### Records for this task
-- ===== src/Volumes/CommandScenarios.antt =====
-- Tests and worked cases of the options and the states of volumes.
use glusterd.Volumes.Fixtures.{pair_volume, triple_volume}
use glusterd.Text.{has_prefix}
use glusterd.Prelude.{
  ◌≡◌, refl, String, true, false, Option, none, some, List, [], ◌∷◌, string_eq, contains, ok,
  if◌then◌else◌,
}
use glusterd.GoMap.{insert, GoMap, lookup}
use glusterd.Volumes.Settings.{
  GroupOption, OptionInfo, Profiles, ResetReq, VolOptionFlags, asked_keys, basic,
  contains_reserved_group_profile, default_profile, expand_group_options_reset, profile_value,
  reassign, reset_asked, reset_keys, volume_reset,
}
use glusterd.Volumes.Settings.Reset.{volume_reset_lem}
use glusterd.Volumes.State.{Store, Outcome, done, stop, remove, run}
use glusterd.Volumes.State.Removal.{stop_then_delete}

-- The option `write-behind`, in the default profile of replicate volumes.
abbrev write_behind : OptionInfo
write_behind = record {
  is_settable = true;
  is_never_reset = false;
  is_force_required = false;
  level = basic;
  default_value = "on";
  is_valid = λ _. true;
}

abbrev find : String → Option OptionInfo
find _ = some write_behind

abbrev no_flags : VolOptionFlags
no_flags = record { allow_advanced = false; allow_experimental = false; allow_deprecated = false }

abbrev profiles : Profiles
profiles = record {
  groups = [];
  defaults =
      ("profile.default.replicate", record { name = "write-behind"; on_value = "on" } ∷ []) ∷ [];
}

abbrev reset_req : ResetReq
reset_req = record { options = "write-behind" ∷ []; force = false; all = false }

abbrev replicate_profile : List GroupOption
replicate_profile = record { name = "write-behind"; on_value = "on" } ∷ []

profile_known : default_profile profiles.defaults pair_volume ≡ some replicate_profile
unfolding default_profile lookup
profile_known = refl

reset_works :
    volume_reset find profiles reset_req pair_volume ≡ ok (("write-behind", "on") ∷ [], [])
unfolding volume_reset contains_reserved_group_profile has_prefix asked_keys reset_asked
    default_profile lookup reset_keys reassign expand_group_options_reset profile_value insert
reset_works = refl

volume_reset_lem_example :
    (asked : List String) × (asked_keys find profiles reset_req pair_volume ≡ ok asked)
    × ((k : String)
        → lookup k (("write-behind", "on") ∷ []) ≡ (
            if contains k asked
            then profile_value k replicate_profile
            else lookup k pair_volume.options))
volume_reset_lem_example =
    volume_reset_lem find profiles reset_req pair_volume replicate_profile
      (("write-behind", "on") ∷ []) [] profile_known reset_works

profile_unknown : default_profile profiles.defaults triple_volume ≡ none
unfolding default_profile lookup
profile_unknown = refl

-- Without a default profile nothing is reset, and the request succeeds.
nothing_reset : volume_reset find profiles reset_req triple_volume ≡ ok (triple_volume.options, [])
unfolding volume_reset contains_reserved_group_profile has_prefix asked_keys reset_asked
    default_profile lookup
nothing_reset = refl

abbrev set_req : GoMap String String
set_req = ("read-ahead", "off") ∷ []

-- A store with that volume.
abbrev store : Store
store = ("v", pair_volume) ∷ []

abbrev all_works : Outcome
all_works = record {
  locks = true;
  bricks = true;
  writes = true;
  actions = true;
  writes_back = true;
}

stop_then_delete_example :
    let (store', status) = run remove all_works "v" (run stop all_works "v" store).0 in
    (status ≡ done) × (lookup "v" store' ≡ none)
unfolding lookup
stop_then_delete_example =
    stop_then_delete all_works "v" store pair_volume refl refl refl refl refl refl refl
######
## [Task prompt]
Everything from the first line of the records above to the line containing "is_settable = true;", inclusive, should be repeated exactly; leave out the rest.

## [Completed exercise]
-- ===== src/Volumes/CommandScenarios.antt =====
-- Tests and worked cases of the options and the states of volumes.
use glusterd.Volumes.Fixtures.{pair_volume, triple_volume}
use glusterd.Text.{has_prefix}
use glusterd.Prelude.{
  ◌≡◌, refl, String, true, false, Option, none, some, List, [], ◌∷◌, string_eq, contains, ok,
  if◌then◌else◌,
}
use glusterd.GoMap.{insert, GoMap, lookup}
use glusterd.Volumes.Settings.{
  GroupOption, OptionInfo, Profiles, ResetReq, VolOptionFlags, asked_keys, basic,
  contains_reserved_group_profile, default_profile, expand_group_options_reset, profile_value,
  reassign, reset_asked, reset_keys, volume_reset,
}
use glusterd.Volumes.Settings.Reset.{volume_reset_lem}
use glusterd.Volumes.State.{Store, Outcome, done, stop, remove, run}
use glusterd.Volumes.State.Removal.{stop_then_delete}

-- The option `write-behind`, in the default profile of replicate volumes.
abbrev write_behind : OptionInfo
write_behind = record {
  is_settable = true;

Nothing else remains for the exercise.